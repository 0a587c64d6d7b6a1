-- ===== src/Paths.antt =====
-- `std::path::PathBuf` as far as the program uses it: components, and `join`, which an absolute
-- path on its right replaces.
use mathlib.Core.Bool.{Bool, true, false, ◌&&◌}
use mathlib.Core.List.{List, [], ◌∷◌, ◌++◌}
use mathlib.Core.Path.{◌≡◌, refl, ap₂}
use Prim.Native.String.{String}
use text.Mathlib.Text.{◌==◌}
use text.Mathlib.TextEquality.{eq_iff}
use text.Mathlib.TextPositions.{eq_refl}
use native.Mathlib.Omega.{arith}

pub record FilePath : Type 0 where
  pub is_absolute : Bool
  pub parts : List String

unfoldable pub join : FilePath → FilePath → FilePath
join base path = elim path.is_absolute [
  | true ↦ path
  | false ↦ record base { parts = base.parts ++ path.parts }
]

same_flag : Bool → Bool → Bool
same_flag true b = b
same_flag false true = false
same_flag false false = true

same_parts : List String → List String → Bool
same_parts [] [] = true
same_parts [] (t ∷ ts) = false
same_parts (s ∷ ss) [] = false
same_parts (s ∷ ss) (t ∷ ts) = s == t && same_parts ss ts

unfoldable pub same_path : FilePath → FilePath → Bool
unfolding same_flag same_parts
same_path p q = same_flag p.is_absolute q.is_absolute && same_parts p.parts q.parts

same_flag_refl : (b : Bool) → same_flag b b ≡ true
unfolding same_flag
same_flag_refl true = refl
same_flag_refl false = refl

same_parts_refl : (ss : List String) → same_parts ss ss ≡ true
unfolding same_parts
same_parts_refl [] = refl
same_parts_refl (s ∷ ss) = rw (eq_refl s, same_parts_refl ss)

pub same_path_refl : (p : FilePath) → same_path p p ≡ true
unfolding same_path
same_path_refl p = rw (same_flag_refl p.is_absolute, same_parts_refl p.parts)

str_eq_sym : (s t : String) → (s == t) ≡ (t == s)
str_eq_sym s t = ground (arith, eq_iff s t, eq_iff t s)

same_flag_sym : (a b : Bool) → same_flag a b ≡ same_flag b a
unfolding same_flag
same_flag_sym true true = refl
same_flag_sym true false = refl
same_flag_sym false true = refl
same_flag_sym false false = refl

same_parts_sym : (ss ts : List String) → same_parts ss ts ≡ same_parts ts ss
unfolding same_parts
same_parts_sym [] [] = refl
same_parts_sym [] (t ∷ ts) = refl
same_parts_sym (s ∷ ss) [] = refl
same_parts_sym (s ∷ ss) (t ∷ ts) = ap₂ ◌&&◌ (str_eq_sym s t) (same_parts_sym ss ts)

pub same_path_sym : (p q : FilePath) → same_path p q ≡ same_path q p
unfolding same_path
same_path_sym p q =
    ap₂ ◌&&◌ (same_flag_sym p.is_absolute q.is_absolute) (same_parts_sym p.parts q.parts)
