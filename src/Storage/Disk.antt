-- ===== src/Storage/Disk.antt =====
-- The file system that `FileManager` works on: what each path holds, and the paths at which the
-- system refuses a call (no permission, a full disk, a directory in the way).
pub mod Writes
use iron_peer_417project_pri.Base.{
  ℕ, zero, suc, ◌+◌, List, [], ◌∷◌, Option, none, some, Bool, if◌then◌else◌, get_elem?,
}
use iron_peer_417project_pri.Paths.{FilePath, same_path}

pub record Disk : Type 0 where
  pub content : FilePath → Option (List ℕ)
  pub refuses : FilePath → Bool

-- New bytes over old ones.
unfoldable pub overlay : List ℕ → List ℕ → List ℕ
overlay [] old = old
overlay (b ∷ bs) [] = b ∷ bs
overlay (b ∷ bs) (x ∷ xs) = b ∷ overlay bs xs

-- The bytes of a file after a seek to an offset and a write there: a gap is filled with zeros.
unfoldable pub write_past : List ℕ → ℕ → List ℕ → List ℕ
write_past old zero new = overlay new old
write_past [] (suc offset) new = 0 ∷ write_past [] offset new
write_past (x ∷ xs) (suc offset) new = x ∷ write_past xs offset new

-- A write of no bytes does not extend the file.
unfoldable pub write_at : List ℕ → ℕ → List ℕ → List ℕ
write_at old offset [] = old
write_at old offset (b ∷ bs) = write_past old offset (b ∷ bs)

-- A file that was not there is created empty.
abbrev pub bytes_of : Option (List ℕ) → List ℕ
bytes_of none = []
bytes_of (some bytes) = bytes

-- Open with `create`, seek, `write_all`.
unfoldable pub write_file : Disk → FilePath → ℕ → List ℕ → Disk
write_file d path offset new = record d {
  content = λ q.
      if same_path path q
      then some (write_at (bytes_of (d.content path)) offset new)
      else d.content q;
}

-- The byte of a file at an offset, if it is there.
abbrev pub file_byte : Option (List ℕ) → ℕ → Option ℕ
file_byte none offset = none
file_byte (some bytes) offset = get_elem? bytes offset
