-- ===== src/Protocol/Messages/Cameras/Carried.antt =====
-- What the messages of Protocol/Messages/Cameras carry.
use basis_rust_server.Common.{◌^◌, ◌<◌, ◌≡◌, refl, sym, ap, subst, Bool, true, false, if◌then◌else◌}
use basis_rust_server.Protocol.Io.{return}
use basis_rust_server.Protocol.Io.Carries.{skip}
use basis_rust_server.Protocol.Io.Carries.{Carries, bind-Carries, map-Carries, return-Carries}
use basis_rust_server.Protocol.Io.Carries.Words.{u8-Carries, bool-Carries, u16-Carries, u32-Carries}
use basis_rust_server.Protocol.Messages.Cameras.{
  CameraPipStateMessage, write_pip_transform, serialize_camera_pip_state_message,
  read_pip_transform, unmoved, deserialize_camera_pip_state_message, CameraPipPositionMessage,
  serialize_camera_pip_position_message, deserialize_camera_pip_position_message,
  CameraShutterSoundMessage, serialize_camera_shutter_sound_message,
  deserialize_camera_shutter_sound_message, CameraCountdownMessage,
  serialize_camera_countdown_message, deserialize_camera_countdown_message,
  ClientCameraCountdownMessage, serialize_client_camera_countdown_message,
  deserialize_client_camera_countdown_message,
}

abbrev FitsTransform : CameraPipStateMessage → Type 0
FitsTransform m =
    (m.position_x < 2 ^ 32)
    × (m.position_y < 2 ^ 32)
    × (m.position_z < 2 ^ 32)
    × (m.rotation_x < 2 ^ 32)
    × (m.rotation_y < 2 ^ 32)
    × (m.rotation_z < 2 ^ 32)
    × (m.rotation_w < 2 ^ 32)

abbrev pub FitsCameraPipStateMessage : CameraPipStateMessage → Type 0
FitsCameraPipStateMessage m = (m.player_id < 2 ^ 16) × FitsTransform m

-- The transform travels with an active camera only.
abbrev pub shown : CameraPipStateMessage → CameraPipStateMessage
shown m = if m.is_active then m else unmoved m.player_id m.is_active

transform-Carries :
    (m value : CameraPipStateMessage)
    → FitsTransform m
    → Carries (write_pip_transform m) (read_pip_transform value) (record value {
      position_x = m.position_x;
      position_y = m.position_y;
      position_z = m.position_z;
      rotation_x = m.rotation_x;
      rotation_y = m.rotation_y;
      rotation_z = m.rotation_z;
      rotation_w = m.rotation_w;
    })
unfolding write_pip_transform read_pip_transform
transform-Carries m value h = bind-Carries _ (u32-Carries m.position_x h.0) (
    bind-Carries _ (u32-Carries m.position_y h.1) (
      bind-Carries _ (u32-Carries m.position_z h.2) (
        bind-Carries _ (u32-Carries m.rotation_x h.3) (
          bind-Carries _ (u32-Carries m.rotation_y h.4) (
            bind-Carries _ (u32-Carries m.rotation_z h.5)
              (map-Carries _ (u32-Carries m.rotation_w h.6) refl))))))

maybe_transform-Carries :
    (m : CameraPipStateMessage) (active : Bool)
    → m.is_active ≡ active
    → FitsTransform m
    → Carries
        (if active then write_pip_transform m else skip)
        (if active
          then read_pip_transform (unmoved m.player_id active)
          else return (unmoved m.player_id active))
        (if active then m else unmoved m.player_id active)
maybe_transform-Carries m true e h =
    subst
      (λ sent. Carries (write_pip_transform m) (read_pip_transform (unmoved m.player_id true)) sent)
      (ap (λ (active : Bool). record m { is_active = active }) (sym e))
      (transform-Carries m (unmoved m.player_id true) h)
maybe_transform-Carries m false e h = return-Carries (unmoved m.player_id false)

pub camera_pip_state_message-Carries :
    (m : CameraPipStateMessage)
    → FitsCameraPipStateMessage m
    → Carries (serialize_camera_pip_state_message m) deserialize_camera_pip_state_message (shown m)
unfolding serialize_camera_pip_state_message deserialize_camera_pip_state_message
camera_pip_state_message-Carries m h =
    bind-Carries _ (u16-Carries m.player_id h.0)
      (bind-Carries _ (bool-Carries m.is_active) (maybe_transform-Carries m m.is_active refl h.1))

abbrev pub FitsCameraPipPositionMessage : CameraPipPositionMessage → Type 0
FitsCameraPipPositionMessage m =
    (m.player_id < 2 ^ 16)
    × (m.position_x < 2 ^ 32)
    × (m.position_y < 2 ^ 32)
    × (m.position_z < 2 ^ 32)
    × (m.rotation_x < 2 ^ 32)
    × (m.rotation_y < 2 ^ 32)
    × (m.rotation_z < 2 ^ 32)
    × (m.rotation_w < 2 ^ 32)

pub camera_pip_position_message-Carries :
    (m : CameraPipPositionMessage)
    → FitsCameraPipPositionMessage m
    → Carries (serialize_camera_pip_position_message m) deserialize_camera_pip_position_message m
unfolding serialize_camera_pip_position_message deserialize_camera_pip_position_message
camera_pip_position_message-Carries m h = bind-Carries _ (u16-Carries m.player_id h.0) (
    bind-Carries _ (u32-Carries m.position_x h.1) (
      bind-Carries _ (u32-Carries m.position_y h.2) (
        bind-Carries _ (u32-Carries m.position_z h.3) (
          bind-Carries _ (u32-Carries m.rotation_x h.4) (
            bind-Carries _ (u32-Carries m.rotation_y h.5) (
              bind-Carries _ (u32-Carries m.rotation_z h.6)
                (map-Carries _ (u32-Carries m.rotation_w h.7) refl)))))))

abbrev pub FitsCameraShutterSoundMessage : CameraShutterSoundMessage → Type 0
FitsCameraShutterSoundMessage m = m.player_id < 2 ^ 16

pub camera_shutter_sound_message-Carries :
    (m : CameraShutterSoundMessage)
    → FitsCameraShutterSoundMessage m
    → Carries (serialize_camera_shutter_sound_message m) deserialize_camera_shutter_sound_message m
unfolding serialize_camera_shutter_sound_message deserialize_camera_shutter_sound_message
camera_shutter_sound_message-Carries m h = map-Carries _ (u16-Carries m.player_id h) refl

abbrev pub FitsCameraCountdownMessage : CameraCountdownMessage → Type 0
FitsCameraCountdownMessage m = m.player_id < 2 ^ 16

pub camera_countdown_message-Carries :
    (m : CameraCountdownMessage)
    → FitsCameraCountdownMessage m
    → Carries (serialize_camera_countdown_message m) deserialize_camera_countdown_message m
unfolding serialize_camera_countdown_message deserialize_camera_countdown_message
camera_countdown_message-Carries m h =
    bind-Carries _ (u16-Carries m.player_id h) (map-Carries _ (u8-Carries m.seconds) refl)

abbrev pub FitsClientCameraCountdownMessage : ClientCameraCountdownMessage → Type 0
FitsClientCameraCountdownMessage m = Unit {0}

pub client_camera_countdown_message-Carries :
    (m : ClientCameraCountdownMessage)
    → FitsClientCameraCountdownMessage m
    → Carries
        (serialize_client_camera_countdown_message m)
        deserialize_client_camera_countdown_message
        m
unfolding serialize_client_camera_countdown_message deserialize_client_camera_countdown_message
client_camera_countdown_message-Carries m h = map-Carries _ (u8-Carries m.seconds) refl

[WHAT YOU WILL DO] Of the entries above, repeat exactly the lines between the line with "same_parts_refl [] = refl" and the line with "same_flag_sym false false = refl", inclusive, and no others.

[WRITTEN RESPONSE]
same_parts_refl [] = refl
same_parts_refl (s ∷ ss) = rw (eq_refl s, same_parts_refl ss)

pub same_path_refl : (p : FilePath) → same_path p p ≡ true
unfolding same_path
same_path_refl p = rw (same_flag_refl p.is_absolute, same_parts_refl p.parts)

str_eq_sym : (s t : String) → (s == t) ≡ (t == s)
str_eq_sym s t = ground (arith, eq_iff s t, eq_iff t s)

same_flag_sym : (a b : Bool) → same_flag a b ≡ same_flag b a
unfolding same_flag
same_flag_sym true true = refl
same_flag_sym true false = refl
same_flag_sym false true = refl
same_flag_sym false false = refl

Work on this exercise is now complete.